One of my friends that ran at the time (and later got into R/C racing heavy) was a guy by the name of Dean Neusbaum or Newsbaum. Not sure how you spell it. Wonder whatever happened to that guy? Anyway, I digress. 

I'd like to hit a few tracks and events just to check things out but it'll be awhile before I'm ready for anything like that again. The guy at Maple City said they had a track in the basement but I didn't ask him any details.


----------



## Sundance (May 5, 2003)

Clean Dean Nusbaum . He lives up by Middlebury ,not racing anymore. I think I am the only one still racing from that time.
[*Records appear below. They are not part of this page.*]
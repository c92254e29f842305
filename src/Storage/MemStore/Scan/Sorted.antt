-- ===== src/Storage/MemStore/Scan/Sorted.antt =====
-- Lists of pairs in the order of their keys (pkg/storage/memstore.go, the sort of Scan).
use mathlib.Core.Path.{subst}
use kv_store.Common.{
  ◌≡◌, inl, inr, refl, ap, sym, ◌∙◌, true, false, Option, none, some, List, [], ◌∷◌, Bytes,
  bytes_eq, bytes_eq_iff, bytes_eq_refl, bytes_lt, if◌then◌else◌, arith,
}
use kv_store.Common.Order.{bytes_lt_trans, bytes_lt_total, bytes_lt_eq_sym, bytes_lt_asym}
use kv_store.Storage.Engine.{KeyValue}
use kv_store.Storage.MemStore.Scan.{insert_sorted, sort_keys}

abbrev pub find : Bytes → List KeyValue → Option Bytes
find k [] = none
find k (x ∷ l) = if bytes_eq x.key k then some x.value else find k l

-- All keys are greater.
abbrev pub Above : Bytes → List KeyValue → Type 0
Above k [] = Unit
Above k (x ∷ l) = (bytes_lt k x.key ≡ true) × Above k l

abbrev pub IsAscending : List KeyValue → Type 0
IsAscending [] = Unit
IsAscending (x ∷ l) = Above x.key l × IsAscending l

abbrev pub NoTwice : List KeyValue → Type 0
NoTwice [] = Unit
NoTwice (x ∷ l) = (find x.key l ≡ none) × NoTwice l

Above-weaken : (j k : Bytes) (l : List KeyValue) → bytes_lt j k ≡ true → Above k l → Above j l
Above-weaken j k [] h a = tt
Above-weaken j k (x ∷ l) h a = (bytes_lt_trans j k x.key h a.0, Above-weaken j k l h a.1)

pub find-Above : (k : Bytes) (l : List KeyValue) → Above k l → find k l ≡ none
find-Above k [] a = refl
find-Above k (x ∷ l) a = ground (arith, bytes_lt_eq_sym k x.key a.0, find-Above k l a.1)

-- A key that is not greater than the bound is not there.
pub find-below :
    (j k : Bytes) (l : List KeyValue) → bytes_lt k j ≡ false → Above k l → find j l ≡ none
find-below j k [] h a = refl
find-below j k (x ∷ l) h a = ground (arith, bytes_eq_iff x.key j, find-below j k l h a.1)

pub find-insert :
    (k : Bytes) (x : KeyValue) (l : List KeyValue)
    → find x.key l ≡ none
    → find k (insert_sorted x l) ≡ (if bytes_eq x.key k then some x.value else find k l)
unfolding insert_sorted
find-insert k x [] h = refl
find-insert k x (y ∷ l) h =
    ground (
      arith,
      bytes_eq_iff x.key k,
      bytes_eq_iff y.key k,
      bytes_eq_iff y.key x.key,
      find-insert k x l,
    )

pub find-sort : (k : Bytes) (l : List KeyValue) → NoTwice l → find k (sort_keys l) ≡ find k l
unfolding sort_keys
find-sort k [] u = refl
find-sort k (x ∷ l) u =
    find-insert k x (sort_keys l) (find-sort x.key l u.1 ∙ u.0)
    ∙ ap (λ (r : Option Bytes). if bytes_eq x.key k then some x.value else r) (find-sort k l u.1)

Above-insert :
    (k : Bytes) (x : KeyValue) (l : List KeyValue)
    → bytes_lt k x.key ≡ true
    → Above k l
    → Above k (insert_sorted x l)
unfolding insert_sorted
Above-insert k x [] h a = (h, tt)
Above-insert k x (y ∷ l) h a = ground (arith, Above-insert k x l h a.1)

insert-IsAscending :
    (x : KeyValue) (l : List KeyValue)
    → find x.key l ≡ none
    → IsAscending l
    → IsAscending (insert_sorted x l)
unfolding insert_sorted
insert-IsAscending x [] h a = (tt, tt)
insert-IsAscending x (y ∷ l) h a = elim (bytes_lt_total x.key y.key) [
  | inl lt ↦ rw lt (((lt, Above-weaken x.key y.key l lt a.0), a))
  | inr (inl e) ↦ absurd (ground (arith, bytes_eq_iff y.key x.key))
  | inr (inr lt) ↦
      let rest : find x.key l ≡ none = ground arith in
      rw (bytes_lt_asym y.key x.key lt)
        ((Above-insert y.key x l lt a.0, insert-IsAscending x l rest a.1))
]

pub sort-IsAscending : (l : List KeyValue) → NoTwice l → IsAscending (sort_keys l)
unfolding sort_keys
sort-IsAscending [] u = tt
sort-IsAscending (x ∷ l) u =
    insert-IsAscending x (sort_keys l) (find-sort x.key l u.1 ∙ u.0) (sort-IsAscending l u.1)

-- An ascending list is known by what it holds.
missing : (x : KeyValue) (l : List KeyValue) → ((k : Bytes) → find k (x ∷ l) ≡ find k []) → ⊥
missing x l h = ground (arith, h x.key, bytes_eq_refl x.key)

same_head :
    (x y : KeyValue) (l l' : List KeyValue)
    → IsAscending (x ∷ l)
    → IsAscending (y ∷ l')
    → ((k : Bytes) → find k (x ∷ l) ≡ find k (y ∷ l'))
    → x ≡ y
same_head x y l l' a b h = elim (bytes_lt_total x.key y.key) [
  | inl lt ↦ absurd (
      ground (
        arith,
        h x.key,
        bytes_eq_refl x.key,
        find-Above x.key (y ∷ l') (lt, Above-weaken x.key y.key l' lt b.0),
      ))
  | inr (inl e) ↦
      let v : x.value ≡ y.value =
        ground (arith, h x.key, bytes_eq_refl x.key, bytes_eq_iff y.key x.key) in
      cc (e, v)
  | inr (inr lt) ↦ absurd (
      ground (
        arith,
        h y.key,
        bytes_eq_refl y.key,
        find-Above y.key (x ∷ l) (lt, Above-weaken y.key x.key l lt a.0),
      ))
]

same_tail :
    (x : KeyValue) (l l' : List KeyValue) (k : Bytes)
    → Above x.key l
    → Above x.key l'
    → find k (x ∷ l) ≡ find k (x ∷ l')
    → find k l ≡ find k l'
same_tail x l l' k a b h =
    ground (arith, bytes_eq_iff x.key k, find-Above x.key l a, find-Above x.key l' b)

pub IsAscending-unique :
    (l l' : List KeyValue)
    → IsAscending l
    → IsAscending l'
    → ((k : Bytes) → find k l ≡ find k l')
    → l ≡ l'
IsAscending-unique [] [] a b h = refl
IsAscending-unique [] (y ∷ l') a b h = absurd (missing y l' (λ k. sym (h k)))
IsAscending-unique (x ∷ l) [] a b h = absurd (missing x l h)
IsAscending-unique (x ∷ l) (y ∷ l') a b h =
    let e = same_head x y l l' a b h in
    let b' : Above x.key l' = subst (λ (z : KeyValue). Above z.key l') (sym e) b.0 in
    let h' = λ (k : Bytes).
      same_tail x l l' k a.0 b' (h k ∙ ap (λ (z : KeyValue). find k (z ∷ l')) (sym e)) in
    ap (λ r. x ∷ r) (IsAscending-unique l l' a.1 b.1 h') ∙ ap (λ (z : KeyValue). z ∷ l') e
I was alot younger than. We race super stock, box stock, Magna-traction stock cars and JLTO at Goshen. We race JL sprint cars, v-mods (t-jets) Dirt lat models on my Max Trax in Elkhart. Whats your last name if I may inquire as Dean and I were real good friends. Raced RC with him and he pitted for me when I was racing carts.
Sundance


----------



## Ligier Runner (Nov 29, 2004)

This is too wild. My last name is Fraley. Dean used to come over to a guy's house by the name of Dale Schrock in Goshen who had a 4 lane Watkins Glen layout completely landscaped. Dean gave me my first "real" controller to use with the slots and I still have it to this day. This was back in 1980 and we raced like that for about a year or so until he got into the R/C side of life and abandoned us. LOL

If you ever talk to Dean, tell him I said hey! Don't know if he would remember me. I've wondered for years what happened to him. He was a good guy who I enjoyed hanging around and learning from. Dean's the guy who convinced me I was good enough to run with the boys from NIHOPRA. I always remember him running that Saudia/Williams G Plus. LOL

I'll have to find the time and get up to Goshen some night when you guys are running and take in that intoxicating slot car smell and that beautiful sound of them again. :thumbsup:


----------



## Sundance (May 5, 2003)

Well Pat if I remember correctly I ment you once years ago. I was never at Dale's ,but I do know him. I talk to Dean every ounce in while, so I will pass the word on. If we have a week-end race I will post it here or on yahoo group HO-Elkhart. We run clases that don,t take alot of work. Dinners ready got to go if you know what I mean. Later Tim


----------



## A/FX Nut (May 28, 2004)

Welcome Ligier Runner, We race on Thursday evenings at Maple City Hobbies in Goshen. Stop by if you can this thursday and say hello.


----------



## TX Street Racer (May 8, 2004)

Pat, welcome to the Hobbytalk forums :wave: 

It's always nice to see people come back to the slot car hobby.......and it's also cool to see that you're making contact with old slot friends. :thumbsup:


----------



## Ligier Runner (Nov 29, 2004)

Thanks everyone. Appreciate the welcome I've received. Seems like there's some good people around here and I'm sure to learn a lot from you folks.

Tim - By all means when you can, tell Dean I said hi. Tell him the upstart kid that kicked his a$$ every Thursday night still remembers him. LOL...


----------